[Collected data]

▬▬▬

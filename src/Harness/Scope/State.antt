-- ===== src/Harness/Scope/State.antt =====
-- internal/core/harness/scope.go: the data of a scope, its commands and its events.
use keelage.Prelude.{ℕ, Bool, false, ◌++◌}
use keelage.Prelude.Int.{ℤ}
use keelage.Prelude.Text.{Text, codes}
use keelage.Core.Actor.{Ident, ActorRef}
use keelage.Core.Level.{Level, l0, max_level, Trigger}
use keelage.Core.ScopeKey.{ScopeKey}
use keelage.Core.ScopeKey
use keelage.Core.Context.{Time}

pub record Scope : Type 0 where
  pub key : ScopeKey
  pub level : Level
  pub cap : Level
  pub initialized : Bool
  pub last_demoted_at : Time
  pub regressions : ℕ
  pub updated_at : Time

-- `ScopeStream`.
unfoldable pub scope_stream : ScopeKey → Text
scope_stream k = codes "scope/" ++ ScopeKey.to_text k

-- `NewScope`.
abbrev pub new_scope : ScopeKey → Scope
new_scope k = record {
  key = k;
  level = l0;
  cap = max_level;
  initialized = false;
  last_demoted_at = 0;
  regressions = 0;
  updated_at = 0;
}

pub record Evidence : Type 0 where
  pub since : Time
  pub outcomes : ℤ
  pub regressions : ℤ

pub record ScopeCmd : Type 0 where
  pub key : ScopeKey
  pub idem : Text

pub record SetAutonomy : Type 0 where
  pub cmd : ScopeCmd
  pub level : Level
  pub change_ref : Ident
  pub evidence : Evidence

pub record SetCap : Type 0 where
  pub cmd : ScopeCmd
  pub cap : Level
  pub change_ref : Ident

pub record RecordRegression : Type 0 where
  pub cmd : ScopeCmd
  pub change_ref : Ident

-- `other` is a command of another aggregate.
pub data ScopeCommand : Type 0 where
  set_autonomy : SetAutonomy → ScopeCommand
  set_cap : SetCap → ScopeCommand
  record_regression : RecordRegression → ScopeCommand
  other : Text → ScopeCommand

pub record AutonomyChanged : Type 0 where
  pub key : ScopeKey
  pub from : Level
  pub to : Level
  pub trigger : Trigger
  pub change_ref : Ident
  pub by : ActorRef
  pub at : Time

pub record CapChanged : Type 0 where
  pub key : ScopeKey
  pub from : Level
  pub to : Level
  pub change_ref : Ident
  pub by : ActorRef
  pub at : Time

pub record ExceptionRaised : Type 0 where
  pub key : ScopeKey
  pub category : Text
  pub change_ref : Ident
  pub level : Level
  pub at : Time

pub data ScopeEvent : Type 0 where
  autonomy_changed : AutonomyChanged → ScopeEvent
  cap_changed : CapChanged → ScopeEvent
  exception_raised : ExceptionRaised → ScopeEvent
  other : Text → ScopeEvent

▬▬▬

=== Exercise brief ===
Reproduce all of the entries verbatim.

=== Task response ===
filename src/Harness/Scope/State.antt
-- ===== src/Harness/Scope/State.antt =====
-- internal/core/harness/scope.go: the data of a scope, its commands and its events.
use keelage.Prelude.{ℕ, Bool, false, ◌++◌}
use keelage.Prelude.Int.{ℤ}
use keelage.Prelude.Text.{Text, codes}
use keelage.Core.Actor.{Ident, ActorRef}
use keelage.Core.Level.{Level, l0, max_level, Trigger}
use keelage.Core.ScopeKey.{ScopeKey}
use keelage.Core.ScopeKey
use keelage.Core.Context.{Time}

pub record Scope : Type 0 where
  pub key : ScopeKey
  pub level : Level
  pub cap : Level
  pub initialized : Bool
  pub last_demoted_at : Time
  pub regressions : ℕ
  pub updated_at : Time

-- `ScopeStream`.
unfoldable pub scope_stream : ScopeKey → Text
scope_stream k = codes "scope/" ++ ScopeKey.to_text k

-- `NewScope`.
abbrev pub new_scope : ScopeKey → Scope
new_scope k = record {
  key = k;
  level = l0;
  cap = max_level;
  initialized = false;
  last_demoted_at = 0;
  regressions = 0;
  updated_at = 0;
}

pub record Evidence : Type 0 where
  pub since : Time
  pub outcomes : ℤ
  pub regressions : ℤ

pub record ScopeCmd : Type 0 where
  pub key : ScopeKey
  pub idem : Text

pub record SetAutonomy : Type 0 where
  pub cmd : ScopeCmd
  pub level : Level
  pub change_ref : Ident
  pub evidence : Evidence

pub record SetCap : Type 0 where
  pub cmd : ScopeCmd
  pub cap : Level
  pub change_ref : Ident

pub record RecordRegression : Type 0 where
  pub cmd : ScopeCmd
  pub change_ref : Ident

-- `other` is a command of another aggregate.
pub data ScopeCommand : Type 0 where
  set_autonomy : SetAutonomy → ScopeCommand
  set_cap : SetCap → ScopeCommand
  record_regression : RecordRegression → ScopeCommand
  other : Text → ScopeCommand

pub record AutonomyChanged : Type 0 where
  pub key : ScopeKey
  pub from : Level
  pub to : Level
  pub trigger : Trigger
  pub change_ref : Ident
  pub by : ActorRef
  pub at : Time

pub record CapChanged : Type 0 where
  pub key : ScopeKey
  pub from : Level
  pub to : Level
  pub change_ref : Ident
  pub by : ActorRef
  pub at : Time

pub record ExceptionRaised : Type 0 where
  pub key : ScopeKey
  pub category : Text
  pub change_ref : Ident
  pub level : Level
  pub at : Time

pub data ScopeEvent : Type 0 where
  autonomy_changed : AutonomyChanged → ScopeEvent
  cap_changed : CapChanged → ScopeEvent
  exception_raised : ExceptionRaised → ScopeEvent
  other : Text → ScopeEvent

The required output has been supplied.